Repeat precisely the span of lines below that opens with the line containing "str_case_eq _ _ = false" and closes with the line containing "unsigned_digits negative [] = none", both included.

----------

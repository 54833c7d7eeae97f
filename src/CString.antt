-- ===== src/CString.antt =====
-- C strings and the functions of the C library that the sources call on them. A string is the list
-- of its bytes before the terminating 0; a byte is a number below 256.
pub mod Search
use Prim.Native.Char.{code}
use Prim.Native.String.{String}
use mathlib.Core.Option
use avar.Base.{
  Bool, List, Option, [], arith, false, if◌then◌else◌, leb, ltb, none, refl, some, sub64, suc, take,
  true, uint64_max, zero, ℕ, ◌%◌, ◌&&◌, ◌*◌, ◌+◌, ◌-◌, ◌/◌, ◌==◌, ◌^◌, ◌||◌, ◌∷◌, ◌≡◌,
}

abbrev pub Text : Type 0
Text = List ℕ

-- The bytes of a literal, which is ASCII.
abbrev pub lit : String → Text
lit String.[] = []
lit (String.◌∷◌ c s) = code c ∷ lit s

-- `strcmp(a, b) == 0`
abbrev pub str_eq : Text → Text → Bool
str_eq [] [] = true
str_eq (x ∷ xs) (y ∷ ys) = x == y && str_eq xs ys
str_eq _ _ = false

-- `strncmp(text, prefix, strlen(prefix)) == 0`
abbrev pub has_prefix : Text → Text → Bool
has_prefix text [] = true
has_prefix [] (y ∷ ys) = false
has_prefix (x ∷ xs) (y ∷ ys) = x == y && has_prefix xs ys

-- `strchr(text, c)` as an offset.
unfoldable pub str_chr : Text → ℕ → Option ℕ
str_chr [] c = none
str_chr (x ∷ xs) c = if x == c then some 0 else Option.map suc (str_chr xs c)

-- `strrchr(text, c)` as an offset.
unfoldable pub str_rchr : Text → ℕ → Option ℕ
str_rchr [] c = none
str_rchr (x ∷ xs) c = elim (str_rchr xs c) [
  | some i ↦ some (suc i)
  | none ↦ if x == c then some 0 else none
]

-- `strstr(text, part)` as an offset.
unfoldable pub str_str : Text → Text → Option ℕ
str_str [] part = if has_prefix [] part then some 0 else none
str_str (x ∷ xs) part =
    if has_prefix (x ∷ xs) part then some 0 else Option.map suc (str_str xs part)

abbrev pub is_some {ℓ} : {A : Type ℓ} → Option A → Bool
is_some none = false
is_some (some a) = true

-- `tolower`, `isspace`, `isdigit` and `isalnum` of the C locale.
unfoldable pub to_lower : ℕ → ℕ
to_lower c = if leb b'A' c && leb c b'Z' then c + 32 else c

unfoldable pub is_space : ℕ → Bool
is_space c = c == 32 || (leb 9 c && leb c 13)

abbrev pub is_digit : ℕ → Bool
is_digit c = leb b'0' c && leb c b'9'

unfoldable pub is_alnum : ℕ → Bool
is_alnum c = is_digit c || (leb b'a' c && leb c b'z') || (leb b'A' c && leb c b'Z')

-- `strcasecmp(a, b) == 0`
unfoldable pub str_case_eq : Text → Text → Bool
str_case_eq [] [] = true
str_case_eq (x ∷ xs) (y ∷ ys) = to_lower x == to_lower y && str_case_eq xs ys
str_case_eq _ _ = false

-- The characters in front for which the test holds are dropped.
unfoldable pub drop_while : (ℕ → Bool) → Text → Text
drop_while p [] = []
drop_while p (x ∷ xs) = if p x then drop_while p xs else x ∷ xs

-- ... and those at the end.
unfoldable pub drop_end : (ℕ → Bool) → Text → Text
drop_end p [] = []
drop_end p (x ∷ xs) = elim (drop_end p xs) [ [] ↦ if p x then [] else x ∷ [] | y ∷ ys ↦ x ∷ y ∷ ys ]

-- `strncpy(buffer, text, capacity - 1)` with the terminator written behind it.
abbrev pub copy_truncated : ℕ → Text → Text
copy_truncated capacity text = take (capacity - 1) text

-- `snprintf(buffer, size, "%u", n)`: decimal digits, on fuel for the number of digits.
unfoldable pub digits_onto : ℕ → ℕ → Text → Text
digits_onto zero n out = out
digits_onto (suc fuel) n out =
    let rest = digits_onto fuel (n / 10) ((b'0' + n % 10) ∷ out) in
    if ltb n 10 then (b'0' + n) ∷ out else rest

unfoldable pub decimal : ℕ → Text
unfolding digits_onto
decimal n = digits_onto 20 n []

-- The digits in front of a text, and what follows them.
unfoldable pub digits_value : ℕ → Text → ℕ × Text
digits_value value [] = (value, [])
digits_value value (c ∷ cs) =
    if is_digit c then digits_value (value * 10 + (c - b'0')) cs else (value, c ∷ cs)

-- The digits behind the white space and the sign that `strtoul` reads; `none` where it converts
-- nothing. The value is an `unsigned long` of 64 bits: too large a number is ULONG_MAX, and a minus
-- sign negates in that type.
unfoldable pub unsigned_digits : Bool → Text → Option (ℕ × Text)
unsigned_digits negative [] = none
unsigned_digits negative (c ∷ cs) =
    let (value, rest) = digits_value 0 (c ∷ cs) in
    if is_digit c
    then some
        (if leb (2 ^ 64) value then uint64_max else if negative then sub64 0 value else value, rest)
    else none

unfoldable pub signed_digits : Text → Option (ℕ × Text)
unfolding unsigned_digits
signed_digits [] = none
signed_digits (c ∷ cs) =
    if c == b'-'
    then unsigned_digits true cs
    else if c == b'+'
    then unsigned_digits false cs
    else unsigned_digits false (c ∷ cs)

-- `strtoul(text, &end, 10)`: the value and the text at `end`; `none` where `end == text`, with value 0.
unfoldable pub str_to_ul : Text → Option (ℕ × Text)
unfolding signed_digits drop_while is_space
str_to_ul text = signed_digits (drop_while is_space text)

pub str_eq_refl : (t : Text) → str_eq t t ≡ true
str_eq_refl [] = refl
str_eq_refl (x ∷ xs) = ground (arith, str_eq_refl xs)

pub str_eq→eq : (s t : Text) → str_eq s t ≡ true → s ≡ t
str_eq→eq [] [] h = refl
str_eq→eq (x ∷ xs) (y ∷ ys) h = ground (arith, h, str_eq→eq xs ys)
str_eq→eq [] (y ∷ ys) h = ground (arith, h)
str_eq→eq (x ∷ xs) [] h = ground (arith, h)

----------

Exercise answer:
str_case_eq _ _ = false

-- The characters in front for which the test holds are dropped.
unfoldable pub drop_while : (ℕ → Bool) → Text → Text
drop_while p [] = []
drop_while p (x ∷ xs) = if p x then drop_while p xs else x ∷ xs

-- ... and those at the end.
unfoldable pub drop_end : (ℕ → Bool) → Text → Text
drop_end p [] = []
drop_end p (x ∷ xs) = elim (drop_end p xs) [ [] ↦ if p x then [] else x ∷ [] | y ∷ ys ↦ x ∷ y ∷ ys ]

-- `strncpy(buffer, text, capacity - 1)` with the terminator written behind it.
abbrev pub copy_truncated : ℕ → Text → Text
copy_truncated capacity text = take (capacity - 1) text

-- `snprintf(buffer, size, "%u", n)`: decimal digits, on fuel for the number of digits.
unfoldable pub digits_onto : ℕ → ℕ → Text → Text
digits_onto zero n out = out
digits_onto (suc fuel) n out =
    let rest = digits_onto fuel (n / 10) ((b'0' + n % 10) ∷ out) in
    if ltb n 10 then (b'0' + n) ∷ out else rest

unfoldable pub decimal : ℕ → Text
unfolding digits_onto
decimal n = digits_onto 20 n []

-- The digits in front of a text, and what follows them.
unfoldable pub digits_value : ℕ → Text → ℕ × Text
digits_value value [] = (value, [])
digits_value value (c ∷ cs) =
    if is_digit c then digits_value (value * 10 + (c - b'0')) cs else (value, c ∷ cs)

-- The digits behind the white space and the sign that `strtoul` reads; `none` where it converts
-- nothing. The value is an `unsigned long` of 64 bits: too large a number is ULONG_MAX, and a minus
-- sign negates in that type.
unfoldable pub unsigned_digits : Bool → Text → Option (ℕ × Text)
unsigned_digits negative [] = none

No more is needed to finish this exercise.